I am preparing a sermon on Gen 21:8-20 and having a hard time with what to say about Hagar. I know Ishmael is reprobate.

What say y'all about Hagar?


----------



## Zenas (Jan 21, 2009)




----------



## Backwoods Presbyterian (Jan 21, 2009)

Would expect nothing less Joshua


----------



## A5pointer (Jan 21, 2009)

She saw YHVH and lived who knows.


----------



## Hamalas (Jan 21, 2009)

From what I read in Galatians 4:21-31, I would be inclined to say no. Verse 30 stands out in particular:


> But what does the Scripture say? "Cast out the slave woman and her son, for the son of the slave woman shall not inherit with the son of the free woman.""


----------



## TimV (Jan 21, 2009)

She was an uneducated, low class heathen. As happens so often, she forgot her station, and mocked the one who lifted her up. She was punished, and humiliated, with the full approval of the man who had taken pleasure from her and to whom had given a son.

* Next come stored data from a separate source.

-- ===== src/LockFree/Alone/Still.antt =====
-- Hazard pointers do not change what a program does: its run is the run on a memory without any.
use lock_free_cuckoo_filter.Prelude.{
  ◌≡◌, refl, ap, sym, ◌∙◌, true, false, none, some, [], ltb, ◌==◌, ◌^◌, if◌then◌else◌,
}
use lock_free_cuckoo_filter.LockFree.Program.{
  Program, done, aborted, out_of_fuel, reading, comparing, marking, dereferencing, allocating,
  retiring,
}
use lock_free_cuckoo_filter.LockFree.Memory.{
  Memory, word_at, store_word, store_hazard, push_retired, allocate, Outcome, returned, abort,
  unfinished, fault, run,
}

-- The memory without its hazard pointers. A hazard pointer that is stored there is lost.
abbrev pub still : Memory → Memory
still m = record m { hazard_ptrs = [] }

abbrev pub still_outcome : {A : Type 0} → Outcome A → Outcome A
still_outcome (returned a m) = returned a (still m)
still_outcome (abort m) = abort (still m)
still_outcome (unfinished m) = unfinished (still m)
still_outcome fault = fault

pub run-still :
    {A : Type 0} (p : Program A) (m : Memory) → run p (still m) ≡ still_outcome (run p m)
unfolding run word_at store_word store_hazard push_retired allocate
run-still (done a) m = refl
run-still aborted m = refl
run-still out_of_fuel m = refl
run-still (reading b i k) m = run-still (k (word_at m b i)) m
run-still {A} (comparing b i expected desired k) m =
    elim (word_at m b i == expected)
      as (λ c.
        ◌≡◌ {A = Outcome A}
          (if c then run (k true) (store_word (still m) b i desired) else run (k false) (still m))
          (still_outcome
            (if c then run (k true) (store_word m b i desired) else run (k false) m))) [
              | true ↦ run-still (k true) (store_word m b i desired)
              | false ↦ run-still (k false) m
            ]
run-still (marking p index tid k) m = run-still k (store_hazard m p index tid)
run-still {A} (dereferencing p k) m =
    elim (m.heap p)
      as (λ o.
        ◌≡◌ {A = Outcome A} (elim o [ none ↦ fault | some s ↦ run (k s) (still m) ])
          (still_outcome (elim o [ none ↦ fault | some s ↦ run (k s) m ]))) [
            | none ↦ refl
            | some s ↦ run-still (k s) m
          ]
run-still {A} (allocating s k) m =
    elim (ltb m.fresh (2 ^ 48))
      as (λ c.
        ◌≡◌ {A = Outcome A} (if c then run (k m.fresh) (allocate (still m) s) else abort (still m))
          (still_outcome (if c then run (k m.fresh) (allocate m s) else abort m))) [
            | true ↦ run-still (k m.fresh) (allocate m s)
            | false ↦ refl
          ]
run-still (retiring p tid k) m = run-still k (push_retired m p tid)

-- From a run on the memory without hazard pointers to the run on the memory itself
pub run_from_still :
    {A : Type 0} (p : Program A) (m m' : Memory) (a : A)
    → run p (still m) ≡ returned a m'
    → (last : Memory) × (run p m ≡ returned a last) × (still last ≡ m')
run_from_still {A} p m m' a e = from (run p m) (sym (run-still p m) ∙ e)
  where
    outcome_value : Outcome A → A
    outcome_value (returned x l) = x
    outcome_value _ = a

    outcome_memory : Outcome A → Memory
    outcome_memory (returned x l) = l
    outcome_memory _ = m

    from :
        (o : Outcome A)
        → still_outcome o ≡ returned a m'
        → (last : Memory) × (o ≡ returned a last) × (still last ≡ m')
    from (returned x l) e =
        (l, ap (λ (y : A). returned y l) (ap outcome_value e), ap outcome_memory e)
    from (abort l) e = absurd (cc)
    from (unfinished l) e = absurd (cc)
    from fault e = absurd (cc)

-- The same for a run that calls `abort()`
pub abort_from_still :
    {A : Type 0} (p : Program A) (m m' : Memory)
    → run p (still m) ≡ abort m'
    → (last : Memory) × (run p m ≡ abort last) × (still last ≡ m')
abort_from_still {A} p m m' e = from (run p m) (sym (run-still p m) ∙ e)
  where
    outcome_memory : Outcome A → Memory
    outcome_memory (abort l) = l
    outcome_memory _ = m

    from :
        (o : Outcome A)
        → still_outcome o ≡ abort m'
        → (last : Memory) × (o ≡ abort last) × (still last ≡ m')
    from (abort l) e = (l, refl, ap outcome_memory e)
    from (returned a l) e = absurd (cc)
    from (unfinished l) e = absurd (cc)
    from fault e = absurd (cc)

-- The same for a run that uses up its fuel
pub unfinished_from_still :
    {A : Type 0} (p : Program A) (m m' : Memory)
    → run p (still m) ≡ unfinished m'
    → (last : Memory) × (run p m ≡ unfinished last) × (still last ≡ m')
unfinished_from_still {A} p m m' e = from (run p m) (sym (run-still p m) ∙ e)
  where
    outcome_memory : Outcome A → Memory
    outcome_memory (unfinished l) = l
    outcome_memory _ = m

    from :
        (o : Outcome A)
        → still_outcome o ≡ unfinished m'
        → (last : Memory) × (o ≡ unfinished last) × (still last ≡ m')
    from (unfinished l) e = (l, refl, ap outcome_memory e)
    from (returned a l) e = absurd (cc)
    from (abort l) e = absurd (cc)
    from fault e = absurd (cc)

Yes, she was a real B. Uncouth, unloved, ignorant and stupid.

And she cried, and the Great God heard her, and sent His messenger to look after her, and comfort her, and bring her back into the covenant house hold. He didn't promise her the moon. This was tough love. She had a problem that needed to be dealt with, and had to learn to submit. She had to learn her place, like the Syrophoenician woman who needed to understand that leftovers were her portion.

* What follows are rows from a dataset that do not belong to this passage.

-- ===== src/LockFree/Alone/Contents.antt =====
-- The table of fingerprints that the words of cuckoo_filter/lock_free_filter.cpp stand for, and the
-- memories between the calls of a thread that runs alone.
use native.Mathlib.Decide.{ℕ_discrete}
use mathlib.Core.Path.{subst}
use lock_free_cuckoo_filter.Prelude.{
  ℕ, zero, suc, ◌%◌, ◌^◌, ◌<◌, ◌≤◌, ◌≡◌, ◌≢◌, ◌⊎◌, inl, inr, refl, sym, ap, ◌∙◌, false, none, some,
  List, [], ◌∷◌, ◌==◌, if◌then◌else◌, length, get_or, set, get_item-set_item, IsGrid,
  set_item-IsGrid, arith,
}
use lock_free_cuckoo_filter.Common.{num_items_per_entry}
use lock_free_cuckoo_filter.Pointer.{TablePointer, get_counter, get_real_pointer, get_marked}
use lock_free_cuckoo_filter.Table.{Fingerprint, HashTable, Bucket, slot, write, IsShaped}
use lock_free_cuckoo_filter.LockFree.Program.{Address}
use lock_free_cuckoo_filter.LockFree.Memory.{Memory, word_at, store_word}
use lock_free_cuckoo_filter.LockFree.Safety.Words.{Heap}
use lock_free_cuckoo_filter.LockFree.Alone.Still.{still}

-- The string of the entry at an address; the empty string for null.
unfoldable pub print_at : Heap → Address → Fingerprint
print_at heap p = if p == 0 then [] else elim (heap p) [ none ↦ [] | some str ↦ str ]

unfoldable pub row_contents : Heap → List TablePointer → Bucket
unfolding print_at
row_contents heap [] = []
row_contents heap (w ∷ ws) = print_at heap (get_real_pointer w) ∷ row_contents heap ws

unfoldable pub words_contents : Heap → List (List TablePointer) → HashTable
unfolding row_contents
words_contents heap [] = []
words_contents heap (r ∷ rs) = row_contents heap r ∷ words_contents heap rs

abbrev pub contents : Memory → HashTable
contents m = words_contents m.heap m.hash_table

null_print : (heap : Heap) → print_at heap (get_real_pointer 0) ≡ []
unfolding print_at get_real_pointer
null_print heap = refl

get_or-row_contents :
    (heap : Heap) (r : List TablePointer) (i : ℕ)
    → get_or (row_contents heap r) i [] ≡ print_at heap (get_real_pointer (get_or r i 0))
unfolding row_contents
get_or-row_contents heap [] i = sym (null_print heap)
get_or-row_contents heap (w ∷ r) zero = refl
get_or-row_contents heap (w ∷ r) (suc i) = get_or-row_contents heap r i

get_or-words_contents :
    (heap : Heap) (t : List (List TablePointer)) (b : ℕ)
    → get_or (words_contents heap t) b [] ≡ row_contents heap (get_or t b [])
unfolding words_contents row_contents
get_or-words_contents heap [] b = refl
get_or-words_contents heap (r ∷ t) zero = refl
get_or-words_contents heap (r ∷ t) (suc b) = get_or-words_contents heap t b

set-row_contents :
    (heap : Heap) (r : List TablePointer) (i : ℕ) (w : TablePointer)
    → row_contents heap (set r i w)
      ≡ set (row_contents heap r) i (print_at heap (get_real_pointer w))
unfolding row_contents
set-row_contents heap [] i w = refl
set-row_contents heap (x ∷ r) zero w = refl
set-row_contents heap (x ∷ r) (suc i) w =
    ap (λ (r' : Bucket). print_at heap (get_real_pointer x) ∷ r') (set-row_contents heap r i w)

set-words_contents :
    (heap : Heap) (t : List (List TablePointer)) (b : ℕ) (r : List TablePointer)
    → words_contents heap (set t b r) ≡ set (words_contents heap t) b (row_contents heap r)
unfolding words_contents
set-words_contents heap [] b r = refl
set-words_contents heap (x ∷ t) zero r = refl
set-words_contents heap (x ∷ t) (suc b) r =
    ap (λ (t' : HashTable). row_contents heap x ∷ t') (set-words_contents heap t b r)

length-row_contents :
    (heap : Heap) (r : List TablePointer) → length (row_contents heap r) ≡ length r
unfolding row_contents
length-row_contents heap [] = refl
length-row_contents heap (w ∷ r) = ap suc (length-row_contents heap r)

length-words_contents :
    (heap : Heap) (t : List (List TablePointer)) → length (words_contents heap t) ≡ length t
unfolding words_contents
length-words_contents heap [] = refl
length-words_contents heap (r ∷ t) = ap suc (length-words_contents heap t)

-- A slot of the contents is the string of the entry that its word names.
pub slot-contents :
    (m : Memory) (b i : ℕ)
    → slot (contents m) b i ≡ print_at m.heap (get_real_pointer (word_at m b i))
unfolding slot word_at
slot-contents m b i =
    ap (λ (r : Bucket). get_or r i []) (get_or-words_contents m.heap m.hash_table b)
    ∙ get_or-row_contents m.heap (get_or m.hash_table b []) i

-- A word that is stored writes its string to the contents.
pub contents-store_word :
    (m : Memory) (b i : ℕ) (w : TablePointer)
    → contents (store_word m b i w) ≡ write (contents m) b i (print_at m.heap (get_real_pointer w))
unfolding store_word write
contents-store_word m b i w =
    set-words_contents m.heap m.hash_table b (set (get_or m.hash_table b []) i w)
    ∙ ap (set (contents m) b) (
        set-row_contents m.heap (get_or m.hash_table b []) i w
        ∙ ap (λ (r : Bucket). set r i (print_at m.heap (get_real_pointer w)))
            (sym (get_or-words_contents m.heap m.hash_table b)))

pub contents-IsShaped :
    {n : ℕ} (m : Memory) → IsGrid n num_items_per_entry m.hash_table → IsShaped n (contents m)
contents-IsShaped m g = record {
  buckets = length-words_contents m.heap m.hash_table ∙ g.rows;
  slots = λ b lt.
      ap length (get_or-words_contents m.heap m.hash_table b)
      ∙ length-row_contents m.heap (get_or m.hash_table b [])
      ∙ g.items b lt;
}

-- The address is that of an entry whose string is not empty, and was given out already.
pub record IsTaken (heap : Heap) (fresh : Address) (p : Address) : Type 0 where
  pub str : Fingerprint
  pub live : heap p ≡ some str
  pub nonempty : str ≢ []
  pub old : p < fresh

-- A word that may stand in the table between two calls: no mark, and a counter of at most `c`
pub record IsSteadyWord (c : ℕ) (heap : Heap) (fresh : Address) (w : TablePointer) : Type 0 where
  pub fits : w < 2 ^ 64
  pub unmarked : get_marked w ≡ false
  pub counter : get_counter w ≤ c
  pub target : (get_real_pointer w ≡ 0) ⊎ IsTaken heap fresh (get_real_pointer w)

pub record IsSteady (n c : ℕ) (m : Memory) : Type 0 where
  pub grid : IsGrid n num_items_per_entry m.hash_table
  pub words : (b i : ℕ) → IsSteadyWord c m.heap m.fresh (word_at m b i)
  pub pos : 0 < m.fresh
  pub even : m.fresh % 2 ≡ 0

pub IsSteadyWord-le :
    {c c' : ℕ} {heap : Heap} {fresh : Address} {w : TablePointer}
    → c ≤ c'
    → IsSteadyWord c heap fresh w
    → IsSteadyWord c' heap fresh w
IsSteadyWord-le le s = record {
  fits = s.fits;
  unmarked = s.unmarked;
  counter = omega (arith, s.counter, le);
  target = s.target;
}

pub IsSteady-le : {n c c' : ℕ} {m : Memory} → c ≤ c' → IsSteady n c m → IsSteady n c' m
IsSteady-le le s = record {
  grid = s.grid;
  words = λ b i. IsSteadyWord-le le (s.words b i);
  pos = s.pos;
  even = s.even;
}

pub store_word-IsSteady :
    {n c : ℕ} (m : Memory) (b i : ℕ) (w : TablePointer)
    → IsSteady n c m
    → IsSteadyWord c m.heap m.fresh w
    → IsSteady n c (store_word m b i w)
unfolding store_word word_at
store_word-IsSteady {c = c} m b i w s sw = record {
  grid = set_item-IsGrid m.hash_table b i w s.grid;
  words = λ b' j.
      get_item-set_item (IsSteadyWord c m.heap m.fresh) m.hash_table b i b' j w 0 sw s.words;
  pos = s.pos;
  even = s.even;
}

-- A slot is empty exactly where its word is null.
pub slot-null :
    {n c : ℕ} {m : Memory} (b i : ℕ)
    → IsSteady n c m
    → get_real_pointer (word_at m b i) ≡ 0
    → slot (contents m) b i ≡ []
unfolding print_at
slot-null {m = m} b i s e = slot-contents m b i ∙ rw e refl

pub slot-taken :
    {n c : ℕ} {m : Memory} (b i : ℕ)
    → IsSteady n c m
    → get_real_pointer (word_at m b i) ≢ 0
    → (slot (contents m) b i ≢ [])
      × (m.heap (get_real_pointer (word_at m b i)) ≡ some (slot (contents m) b i))
unfolding print_at
slot-taken {m = m} b i s ne = elim (s.words b i).target [
  | inl e ↦ absurd (ne e)
  | inr t ↦
      let there : (get_real_pointer (word_at m b i) == 0) ≡ false = ground arith in
      let same : slot (contents m) b i ≡ t.str = slot-contents m b i ∙ rw (there, t.live) refl in
      (λ q. t.nonempty (sym same ∙ q), t.live ∙ ap some (sym same))
]

pub null-slot :
    {n c : ℕ} {m : Memory} (b i : ℕ)
    → IsSteady n c m
    → slot (contents m) b i ≡ []
    → get_real_pointer (word_at m b i) ≡ 0
null-slot {m = m} b i s e = elim (ℕ_discrete (get_real_pointer (word_at m b i)) 0) [
  | yes z ↦ z
  | no ne ↦ absurd ((slot-taken b i s ne).0 e)
]

to_still : {n c : ℕ} (m : Memory) → IsSteady n c m → IsSteady n c (still m)
unfolding word_at
to_still m s = record { grid = s.grid; words = s.words; pos = s.pos; even = s.even }

of_still : {n c : ℕ} (m : Memory) → IsSteady n c (still m) → IsSteady n c m
unfolding word_at
of_still m s = record { grid = s.grid; words = s.words; pos = s.pos; even = s.even }

-- Memories that differ in their hazard pointers only
pub still-IsSteady :
    {n c : ℕ} (m m' : Memory) → still m' ≡ still m → IsSteady n c m → IsSteady n c m'
still-IsSteady {n} {c} m m' e s = of_still m' (subst (IsSteady n c) (sym e) (to_still m s))

pub still-contents : (m m' : Memory) → still m' ≡ still m → contents m' ≡ contents m
still-contents m m' e = ap contents e

pub still-fresh : (m m' : Memory) → still m' ≡ still m → m'.fresh ≡ m.fresh
still-fresh m m' e = ap (λ (x : Memory). x.fresh) e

But the Great God blessed her, and ordered her back into His covenant family. She had some rough edges to be knocked off, and she submitted to His will.

She was poor, ignorant, crude and stupid, and the God who looks after people like us blessed her.

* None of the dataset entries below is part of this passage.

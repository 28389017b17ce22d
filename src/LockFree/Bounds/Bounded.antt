-- ===== src/LockFree/Bounds/Bounded.antt =====
-- Programs whose accesses stay in a table of `n` buckets and in the lists of `threads` threads,
-- whatever the words, strings and addresses are that they are given.
use lock_free_cuckoo_filter.Prelude.{
  ℕ, ◌<◌, ◌≡◌, refl, Bool, true, false, Option-cases, inl, inr, List, [], ◌∷◌, if◌then◌else◌,
}
use lock_free_cuckoo_filter.Common.{num_items_per_entry}
use lock_free_cuckoo_filter.Pointer.{TablePointer, create_pointer}
use lock_free_cuckoo_filter.Table.{Fingerprint}
use lock_free_cuckoo_filter.LockFree.Program.{
  Address, Program, done, aborted, out_of_fuel, reading, comparing, marking, dereferencing,
  allocating, retiring, ◌>>=◌, or_abort,
}
use lock_free_cuckoo_filter.LockFree.Memory.{max_hazard_pointer_count}

-- No condition on the result
abbrev pub Whatever : {A : Type 0} → A → Type 0
Whatever a = Unit

module _ (n threads : ℕ) where
  abbrev pub IsBounded : {A : Type 0} → (A → Type 0) → Program A → Type 0
  IsBounded P (done a) = P a
  IsBounded P aborted = Unit
  IsBounded P out_of_fuel = Unit
  IsBounded P (reading b i k) =
      (b < n) × (i < num_items_per_entry) × ((w : TablePointer) → IsBounded P (k w))
  IsBounded P (comparing b i expected desired k) =
      (b < n) × (i < num_items_per_entry) × ((r : Bool) → IsBounded P (k r))
  IsBounded P (marking p index tid k) =
      (index < max_hazard_pointer_count) × (tid < threads) × IsBounded P k
  IsBounded P (dereferencing p k) = (s : Fingerprint) → IsBounded P (k s)
  IsBounded P (allocating s k) = (p : Address) → IsBounded P (k p)
  IsBounded P (retiring p tid k) = (tid < threads) × IsBounded P k

  -- What follows a bounded program is bounded, if it is for every result.
  pub IsBounded->>= :
      {A B : Type 0} (P : A → Type 0) (Q : B → Type 0) (m : Program A) (f : A → Program B)
      → IsBounded P m
      → ((a : A) → P a → IsBounded Q (f a))
      → IsBounded Q (m >>= f)
  IsBounded->>= P Q (done a) f s t = t a s
  IsBounded->>= P Q aborted f s t = tt
  IsBounded->>= P Q out_of_fuel f s t = tt
  IsBounded->>= P Q (reading b i k) f (hb, hi, s) t =
      (hb, hi, λ w. IsBounded->>= P Q (k w) f (s w) t)
  IsBounded->>= P Q (comparing b i expected desired k) f (hb, hi, s) t =
      (hb, hi, λ r. IsBounded->>= P Q (k r) f (s r) t)
  IsBounded->>= P Q (marking p index tid k) f (hi, ht, s) t = (hi, ht, IsBounded->>= P Q k f s t)
  IsBounded->>= P Q (dereferencing p k) f s t = λ str. IsBounded->>= P Q (k str) f (s str) t
  IsBounded->>= P Q (allocating str k) f s t = λ p. IsBounded->>= P Q (k p) f (s p) t
  IsBounded->>= P Q (retiring p tid k) f (ht, s) t = (ht, IsBounded->>= P Q k f s t)

  pub IsBounded-if :
      {A : Type 0} (c : Bool) (x y : Program A) (P : A → Type 0)
      → (c ≡ true → IsBounded P x)
      → (c ≡ false → IsBounded P y)
      → IsBounded P (if c then x else y)
  IsBounded-if true x y P s t = s refl
  IsBounded-if false x y P s t = t refl

  -- What follows `create_pointer`, which may abort
  pub IsBounded-created :
      {A : Type 0} (c p : ℕ) (m : Bool) (f : TablePointer → Program A) (P : A → Type 0)
      → ((w : TablePointer) → IsBounded P (f w))
      → IsBounded P (or_abort (create_pointer c p m) >>= f)
  IsBounded-created c p m f P t = elim (Option-cases (create_pointer c p m)) [
    | inl e ↦ rw e tt
    | inr (w, e) ↦ rw e (t w)
  ]

-- Each index of the list is below `n`.
abbrev pub AllBelow : ℕ → List ℕ → Type 0
AllBelow n [] = Unit
AllBelow n (x ∷ xs) = (x < n) × AllBelow n xs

> Gen 16:13 So she called the name of the LORD who spoke to her, "You are a God of seeing," for she said, "Truly here I have seen him who looks after me."
> Gen 16:14 Therefore the well was called Beer-lahai-roi; it lies between Kadesh and Bered.



Amen.


----------



## staythecourse (Jan 21, 2009)

She was always non-elect in my view. She was Sinai and not the free woman. All the temporal promises God were just that and no more. Cain saw God, too, was blessed and went to Hell so "seeing God" or talking to him tete-a-tete is not an indication of salvation.


----------



## satz (Jan 21, 2009)

I don't think that the fact that Paul uses her allegorically (is that the right word?) to make a theological point in Galatians can really be used as a determinant of her relationship with God.


----------



## Hamalas (Jan 21, 2009)

satz said:


> I don't think that the fact that Paul uses her allegorically (is that the right word?) to make a theological point in Galatians can really be used as a determinant of her relationship with God.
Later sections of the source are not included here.